The secondary roles were well taken, proof of the ever-upward ambitions of this company on the go: Sookhyung Park made a fine Elvira, her lovely voice soaring, and Hugh Russell's Taddeo was knowingly crafted and intelligently sung (if somewhat over-played). In the roles of Haly and Zulma, Brian McIntosh and Barbara Towell, respectively, made their mark, acting well and singing with real commitment.

Maestro Robert Wood in the pit caressed out a performance that sparkled. Finely etched details abounded, and sensitivity to the vocal line was never lacking. This orchestra, now matured into a fine instrument, delivered again and again, and one refuge from the stage nonsense -- oops, business -- was simply to close one's eyes and listen.

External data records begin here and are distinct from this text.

-- ===== src/LinkProxy/Intake.antt =====
-- `tls_net_proxy_push_to_prio_queue` of 722device/network/tls_net_proxy.c on the eight rings.
use ai_coding_for_business.Common.{
  put, put-same, put-holds, subst, sym, ℕ, ◌≡◌, ◌⊎◌, inl, inr, refl, ap, ◌∙◌, true, false, List, [],
  ◌∷◌, ◌++◌, length, take, ◌<◌,
}
use ai_coding_for_business.LinkProxy.{
  Node, PrioQueue, queue_size, append_node, push_to_prio_queue, url_bytes, clamp_priority,
}
use ai_coding_for_business.LinkProxy.Ring.{
  contents, push-refines, append-WellFormed, push-room, contents-append,
}
use ai_coding_for_business.LinkProxy.Order.{Owned, Formed}

Owned-append :
    (p : ℕ) (ns : List Node) (n : Node) → Owned p ns → n.priority ≡ p → Owned p (ns ++ n ∷ [])
Owned-append p [] n o e = (e, tt)
Owned-append p (m ∷ ns) n o e = (o.0, Owned-append p ns n o.1 e)

-- The node that is pushed for the arguments.
abbrev pub node_for :
    (dest_ip : List ℕ)
    → (dest_port proto priority : ℕ) → (url : List ℕ) → (data_at data_len : ℕ) → Node
node_for dest_ip dest_port proto priority url data_at data_len = record {
  dest_ip = take 15 dest_ip;
  dest_port = dest_port;
  proto = proto;
  url = url_bytes url;
  data_at = data_at;
  data_len = data_len;
  priority = clamp_priority priority;
}

module _ (qs : ℕ → PrioQueue) (f : (p : ℕ) → Formed p (qs p)) (dest_ip url : List ℕ)
    (dest_port proto priority data_at data_len : ℕ) where
  abbrev ring : ℕ
  ring = clamp_priority priority

  abbrev node : Node
  node = node_for dest_ip dest_port proto priority url data_at data_len

  -- The rings with the node in its own.
  abbrev pub pushed_rings : ℕ → PrioQueue
  pushed_rings = put qs ring (append_node (qs ring) node)

  pub push_to_prio_queue-room :
      (qs ring).count < queue_size
      → push_to_prio_queue qs dest_ip dest_port proto priority url data_at data_len
        ≡ (true, pushed_rings)
  unfolding push_to_prio_queue
  push_to_prio_queue-room room =
      ap (λ r. (r.0, put qs ring r.1)) (push-room (qs ring) (f ring).0 node room)

  pub contents-pushed :
      (qs ring).count < queue_size
      → contents (append_node (qs ring) node) ≡ contents (qs ring) ++ node ∷ []
  contents-pushed room = contents-append (qs ring) (f ring).0 node room

  pub pushed_rings-Formed : (qs ring).count < queue_size → (p : ℕ) → Formed p (pushed_rings p)
  pushed_rings-Formed room p =
      put-holds Formed qs ring (append_node (qs ring) node) p
        (
          append-WellFormed (qs ring) (f ring).0 node room,
          subst (λ l. Owned ring l) (sym (contents-pushed room))
              (Owned-append ring (contents (qs ring)) node (f ring).1 refl),
        )
        (f p)

  -- The node goes behind those of its priority, 0 for one above 7, and the rings stay in use as they should
  -- be; or its ring holds 256 nodes, and the call reports false and changes nothing.
  push_to_prio_queue-outcomes :
      ((qs' : ℕ → PrioQueue) × (push_to_prio_queue qs dest_ip dest_port proto priority url data_at
            data_len
          ≡ (true, qs'))
        × (contents (qs' ring) ≡ contents (qs ring) ++ node ∷ [])
        × ((p : ℕ) → Formed p (qs' p)))
      ⊎ ((length (contents (qs ring)) ≡ queue_size)
          × (push_to_prio_queue qs dest_ip dest_port proto priority url data_at data_len
              ≡ (false, put qs ring (qs ring))))
  unfolding push_to_prio_queue
  push_to_prio_queue-outcomes = elim (push-refines (qs ring) (f ring).0 node) [
    | inl (room, e, c, w) ↦ inl (
      pushed_rings,
      push_to_prio_queue-room room,
      ap contents (put-same qs ring (append_node (qs ring) node)) ∙ c,
      pushed_rings-Formed room,
    )
    | inr (full, e) ↦ inr (full, ap (λ r. (r.0, put qs ring r.1)) e)
  ]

I left the theatre fervently wishing that the production team had listened as intently: Rossini's libretto surely is frothiness incarnate, without the ghost of an idea, and there's a lot of bubbly good fun to be had in the music, one of endless and effervescent melody and invention.

But this opera, happily becoming part of the standard repertoire in the Rossini revival now well and truly underway thanks to Cecilia Bartoli and Juan Diego Flórez, is considerably more than a bag of pretty obvious and -- frankly put -- pretty cheap tricks. Where this should have soared, along with that air-balloon that wafts Isabella and Lindoro to Italy, it was all gas or was it too earthbound?